WORK TASK = Give the listing again in full, exactly as it appears.

AVAILABLE DATA =
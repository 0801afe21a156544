-- ===== src/Exchange/Completion/Starting.antt =====
-- A new exchange owes one completion call.
use anjay_lite.Base.{
  ℕ, ◌+◌, ◌≡◌, min, inl, inr, ◌||◌, Option-cases, ◌&&◌, ◌==◌, true, false, not, List, Option, none,
  arith, if◌then◌else◌,
}
use anjay_lite.Coap.{
  Msg, is_block_option, block_1, block_2, inf_non_con_notify, inf_non_con_send, is_op,
}
use anjay_lite.Exchange.{
  Ctx, Platform, Handlers, error_request, contents, store_response, exchange_param_init,
  next_msg_id,
}
use anjay_lite.Exchange.Start.{
  answer, read_answer, accept_request, new_server_request, request_ready, notify_in_blocks,
  request_in_blocks, prepare_request, identify_request, new_client_request,
}
use anjay_lite.Utils.BlockSize.{determine_block_buffer_size}
use anjay_lite.Exchange.Completion.{
  Tally, Open, Tracks, owed, count-write, count-read, finalize_exchange-Tally,
}

module _ {A : Type 0} (count : A → ℕ) {n : ℕ} where
  pub answer-Tally :
      (p : Platform) (ctx : Ctx A) (msg : Msg) (result : ℕ)
      → Open count n ctx
      → Tally count n (answer p ctx msg result).0
  unfolding answer store_response
  answer-Tally p ctx msg result o = ground arith

  pub read_answer-Tally :
      (p : Platform) (ctx : Ctx A) (msg : Msg)
      → Open count n ctx
      → Tally count n (read_answer p ctx msg).0
  unfolding read_answer
  read_answer-Tally p ctx msg o =
      let size =
        if is_block_option msg.block.block_type block_2
        then min ctx.block_size msg.block.size
        else ctx.block_size in
      grind (
        arith,
        count-read count ctx.handlers.read_payload ctx.arg ctx.payload_buff size o.tracked.reads,
        answer-Tally,
      )

  pub accept_request-Tally :
      (p : Platform) (ctx : Ctx A) (msg : Msg) (code : ℕ)
      → Open count n ctx
      → Tally count n (accept_request p ctx msg code).0
  unfolding accept_request
  accept_request-Tally p ctx msg code o =
      let more =
        is_block_option msg.block.block_type block_1
        && msg.block.more_flag
        && not (msg.payload_size == 0) in
      grind (
        arith,
        count-write count ctx.handlers.write_payload ctx.arg (contents ctx msg.payload)
            msg.payload_size (not more) o.tracked.writes,
        answer-Tally,
        read_answer-Tally,
      )

  pub exchange_param_init-Open :
      (p : Platform) (random : Option ℕ) (ctx : Ctx A)
      → Open count n ctx
      → Open count n (exchange_param_init p random ctx).0
  unfolding exchange_param_init
  exchange_param_init-Open p random ctx o = ground arith

  pub new_server_request-Tally :
      (p : Platform) (ctx : Ctx A) (code : ℕ) (msg : Msg) (h : Handlers A) (arg : A) (buff : List ℕ)
      (buff_len : ℕ)
      → Tracks count h
      → count arg + owed h.completion ≡ n
      → Tally count n (new_server_request p ctx code msg h arg buff buff_len).0
  unfolding new_server_request
  new_server_request-Tally p ctx code msg h arg buff buff_len t e =
      let ctx' = record ctx {
        block_size = determine_block_buffer_size buff_len;
        payload_buff = buff;
        server_request = true;
        confirmable = false;
        handlers = h;
        arg = arg;
        op = msg.operation;
        msg_code = code;
      } in
      let o : Open count n ctx' = record { tracked = t; total = e } in
      grind (
        arith,
        exchange_param_init-Open p p.first_random ctx' o,
        answer-Tally,
        accept_request-Tally,
      )

  pub notify_in_blocks-Tally :
      (p : Platform) (ctx : Ctx A) (msg : Msg)
      → Open count n ctx
      → Tally count n (notify_in_blocks p ctx msg).0
  unfolding notify_in_blocks request_ready
  notify_in_blocks-Tally p ctx msg o =
      let ctx' = record ctx {
        confirmable = false;
        server_request = true;
        op = inf_non_con_notify;
      } in
      let o' : Open count n ctx' = record { tracked = o.tracked; total = o.total } in
      grind
        (arith, exchange_param_init-Open p p.second_random ctx' o', finalize_exchange-Tally count)

  pub request_in_blocks-Tally :
      (p : Platform) (ctx : Ctx A) (msg : Msg)
      → Open count n ctx
      → Tally count n (request_in_blocks p ctx msg).0
  unfolding request_in_blocks request_ready
  request_in_blocks-Tally p ctx msg o = grind (arith, notify_in_blocks-Tally)

  pub prepare_request-Tally :
      (p : Platform) (ctx : Ctx A) (msg : Msg)
      → Open count n ctx
      → Tally count n (prepare_request p ctx msg).0
  unfolding prepare_request request_ready
  prepare_request-Tally p ctx msg o = grind (
    arith,
    count-read count ctx.handlers.read_payload ctx.arg ctx.payload_buff ctx.block_size
        o.tracked.reads,
    request_in_blocks-Tally,
    finalize_exchange-Tally count,
  )

  pub identify_request-Tally :
      (p : Platform) (ctx : Ctx A) (msg : Msg)
      → Open count n ctx
      → Tally count n (identify_request p ctx msg).0
  unfolding identify_request
  identify_request-Tally p ctx msg o =
      let ctx' = record ctx { msg_id = next_msg_id ctx } in
      let o' : Open count n ctx' = record { tracked = o.tracked; total = o.total } in
      let (ctx'', done) = exchange_param_init p p.first_random ctx' in
      let o'' : Open count n ctx'' = exchange_param_init-Open p p.first_random ctx' o' in
      let msg' = record msg { message_id = next_msg_id ctx } in
      ground (
        arith,
        prepare_request-Tally p ctx'' msg' o'',
        finalize_exchange-Tally count ctx'' none error_request o'',
      )

  pub new_client_request-Tally :
      (p : Platform) (ctx : Ctx A) (msg : Msg) (h : Handlers A) (arg : A) (buff : List ℕ)
      (buff_len : ℕ)
      → Tracks count h
      → count arg + owed h.completion ≡ n
      → Tally count n (new_client_request p ctx msg h arg buff buff_len).0
  unfolding new_client_request
  new_client_request-Tally p ctx msg h arg buff buff_len t e =
      let op = msg.operation in
      let ctx' = record ctx {
        block_size = determine_block_buffer_size buff_len;
        payload_buff = buff;
        server_request = false;
        block_transfer = false;
        msg_code = 0;
        handlers = h;
        arg = arg;
        confirmable = not (is_op op inf_non_con_send || is_op op inf_non_con_notify);
      } in
      let o : Open count n ctx' = record { tracked = t; total = e } in
      elim (Option-cases p.random_token) [
        | inl e ↦ ground (
          arith,
          identify_request-Tally p ctx' msg o,
          finalize_exchange-Tally count ctx' none error_request o,
        )
        | inr (bytes, e) ↦ ground (
          arith,
          identify_request-Tally p ctx' msg o,
          identify_request-Tally p ctx' (record msg { token = record { size = 8; bytes = bytes } })
              o,
        )
      ]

EXPECTED OUTPUT =
repository 0801afe21a156544
-- ===== src/Exchange/Completion/Starting.antt =====
-- A new exchange owes one completion call.
use anjay_lite.Base.{
  ℕ, ◌+◌, ◌≡◌, min, inl, inr, ◌||◌, Option-cases, ◌&&◌, ◌==◌, true, false, not, List, Option, none,
  arith, if◌then◌else◌,
}
use anjay_lite.Coap.{
  Msg, is_block_option, block_1, block_2, inf_non_con_notify, inf_non_con_send, is_op,
}
use anjay_lite.Exchange.{
  Ctx, Platform, Handlers, error_request, contents, store_response, exchange_param_init,
  next_msg_id,
}
use anjay_lite.Exchange.Start.{
  answer, read_answer, accept_request, new_server_request, request_ready, notify_in_blocks,
  request_in_blocks, prepare_request, identify_request, new_client_request,
}
use anjay_lite.Utils.BlockSize.{determine_block_buffer_size}
use anjay_lite.Exchange.Completion.{
  Tally, Open, Tracks, owed, count-write, count-read, finalize_exchange-Tally,
}

module _ {A : Type 0} (count : A → ℕ) {n : ℕ} where
  pub answer-Tally :
      (p : Platform) (ctx : Ctx A) (msg : Msg) (result : ℕ)
      → Open count n ctx
      → Tally count n (answer p ctx msg result).0
  unfolding answer store_response
  answer-Tally p ctx msg result o = ground arith

  pub read_answer-Tally :
      (p : Platform) (ctx : Ctx A) (msg : Msg)
      → Open count n ctx
      → Tally count n (read_answer p ctx msg).0
  unfolding read_answer
  read_answer-Tally p ctx msg o =
      let size =
        if is_block_option msg.block.block_type block_2
        then min ctx.block_size msg.block.size
        else ctx.block_size in
      grind (
        arith,
        count-read count ctx.handlers.read_payload ctx.arg ctx.payload_buff size o.tracked.reads,
        answer-Tally,
      )

  pub accept_request-Tally :
      (p : Platform) (ctx : Ctx A) (msg : Msg) (code : ℕ)
      → Open count n ctx
      → Tally count n (accept_request p ctx msg code).0
  unfolding accept_request
  accept_request-Tally p ctx msg code o =
      let more =
        is_block_option msg.block.block_type block_1
        && msg.block.more_flag
        && not (msg.payload_size == 0) in
      grind (
        arith,
        count-write count ctx.handlers.write_payload ctx.arg (contents ctx msg.payload)
            msg.payload_size (not more) o.tracked.writes,
        answer-Tally,
        read_answer-Tally,
      )

  pub exchange_param_init-Open :
      (p : Platform) (random : Option ℕ) (ctx : Ctx A)
      → Open count n ctx
      → Open count n (exchange_param_init p random ctx).0
  unfolding exchange_param_init
  exchange_param_init-Open p random ctx o = ground arith

  pub new_server_request-Tally :
      (p : Platform) (ctx : Ctx A) (code : ℕ) (msg : Msg) (h : Handlers A) (arg : A) (buff : List ℕ)
      (buff_len : ℕ)
      → Tracks count h
      → count arg + owed h.completion ≡ n
      → Tally count n (new_server_request p ctx code msg h arg buff buff_len).0
  unfolding new_server_request
  new_server_request-Tally p ctx code msg h arg buff buff_len t e =
      let ctx' = record ctx {
        block_size = determine_block_buffer_size buff_len;
        payload_buff = buff;
        server_request = true;
        confirmable = false;
        handlers = h;
        arg = arg;
        op = msg.operation;
        msg_code = code;
      } in
      let o : Open count n ctx' = record { tracked = t; total = e } in
      grind (
        arith,
        exchange_param_init-Open p p.first_random ctx' o,
        answer-Tally,
        accept_request-Tally,
      )

  pub notify_in_blocks-Tally :
      (p : Platform) (ctx : Ctx A) (msg : Msg)
      → Open count n ctx
      → Tally count n (notify_in_blocks p ctx msg).0
  unfolding notify_in_blocks request_ready
  notify_in_blocks-Tally p ctx msg o =
      let ctx' = record ctx {
        confirmable = false;
        server_request = true;
        op = inf_non_con_notify;
      } in
      let o' : Open count n ctx' = record { tracked = o.tracked; total = o.total } in
      grind
        (arith, exchange_param_init-Open p p.second_random ctx' o', finalize_exchange-Tally count)

  pub request_in_blocks-Tally :
      (p : Platform) (ctx : Ctx A) (msg : Msg)
      → Open count n ctx
      → Tally count n (request_in_blocks p ctx msg).0
  unfolding request_in_blocks request_ready
  request_in_blocks-Tally p ctx msg o = grind (arith, notify_in_blocks-Tally)

  pub prepare_request-Tally :
      (p : Platform) (ctx : Ctx A) (msg : Msg)
      → Open count n ctx
      → Tally count n (prepare_request p ctx msg).0
  unfolding prepare_request request_ready
  prepare_request-Tally p ctx msg o = grind (
    arith,
    count-read count ctx.handlers.read_payload ctx.arg ctx.payload_buff ctx.block_size
        o.tracked.reads,
    request_in_blocks-Tally,
    finalize_exchange-Tally count,
  )

  pub identify_request-Tally :
      (p : Platform) (ctx : Ctx A) (msg : Msg)
      → Open count n ctx
      → Tally count n (identify_request p ctx msg).0
  unfolding identify_request
  identify_request-Tally p ctx msg o =
      let ctx' = record ctx { msg_id = next_msg_id ctx } in
      let o' : Open count n ctx' = record { tracked = o.tracked; total = o.total } in
      let (ctx'', done) = exchange_param_init p p.first_random ctx' in
      let o'' : Open count n ctx'' = exchange_param_init-Open p p.first_random ctx' o' in
      let msg' = record msg { message_id = next_msg_id ctx } in
      ground (
        arith,
        prepare_request-Tally p ctx'' msg' o'',
        finalize_exchange-Tally count ctx'' none error_request o'',
      )

  pub new_client_request-Tally :
      (p : Platform) (ctx : Ctx A) (msg : Msg) (h : Handlers A) (arg : A) (buff : List ℕ)
      (buff_len : ℕ)
      → Tracks count h
      → count arg + owed h.completion ≡ n
      → Tally count n (new_client_request p ctx msg h arg buff buff_len).0
  unfolding new_client_request
  new_client_request-Tally p ctx msg h arg buff buff_len t e =
      let op = msg.operation in
      let ctx' = record ctx {
        block_size = determine_block_buffer_size buff_len;
        payload_buff = buff;
        server_request = false;
        block_transfer = false;
        msg_code = 0;
        handlers = h;
        arg = arg;
        confirmable = not (is_op op inf_non_con_send || is_op op inf_non_con_notify);
      } in
      let o : Open count n ctx' = record { tracked = t; total = e } in
      elim (Option-cases p.random_token) [
        | inl e ↦ ground (
          arith,
          identify_request-Tally p ctx' msg o,
          finalize_exchange-Tally count ctx' none error_request o,
        )
        | inr (bytes, e) ↦ ground (
          arith,
          identify_request-Tally p ctx' msg o,
          identify_request-Tally p ctx' (record msg { token = record { size = 8; bytes = bytes } })
              o,
        )
      ]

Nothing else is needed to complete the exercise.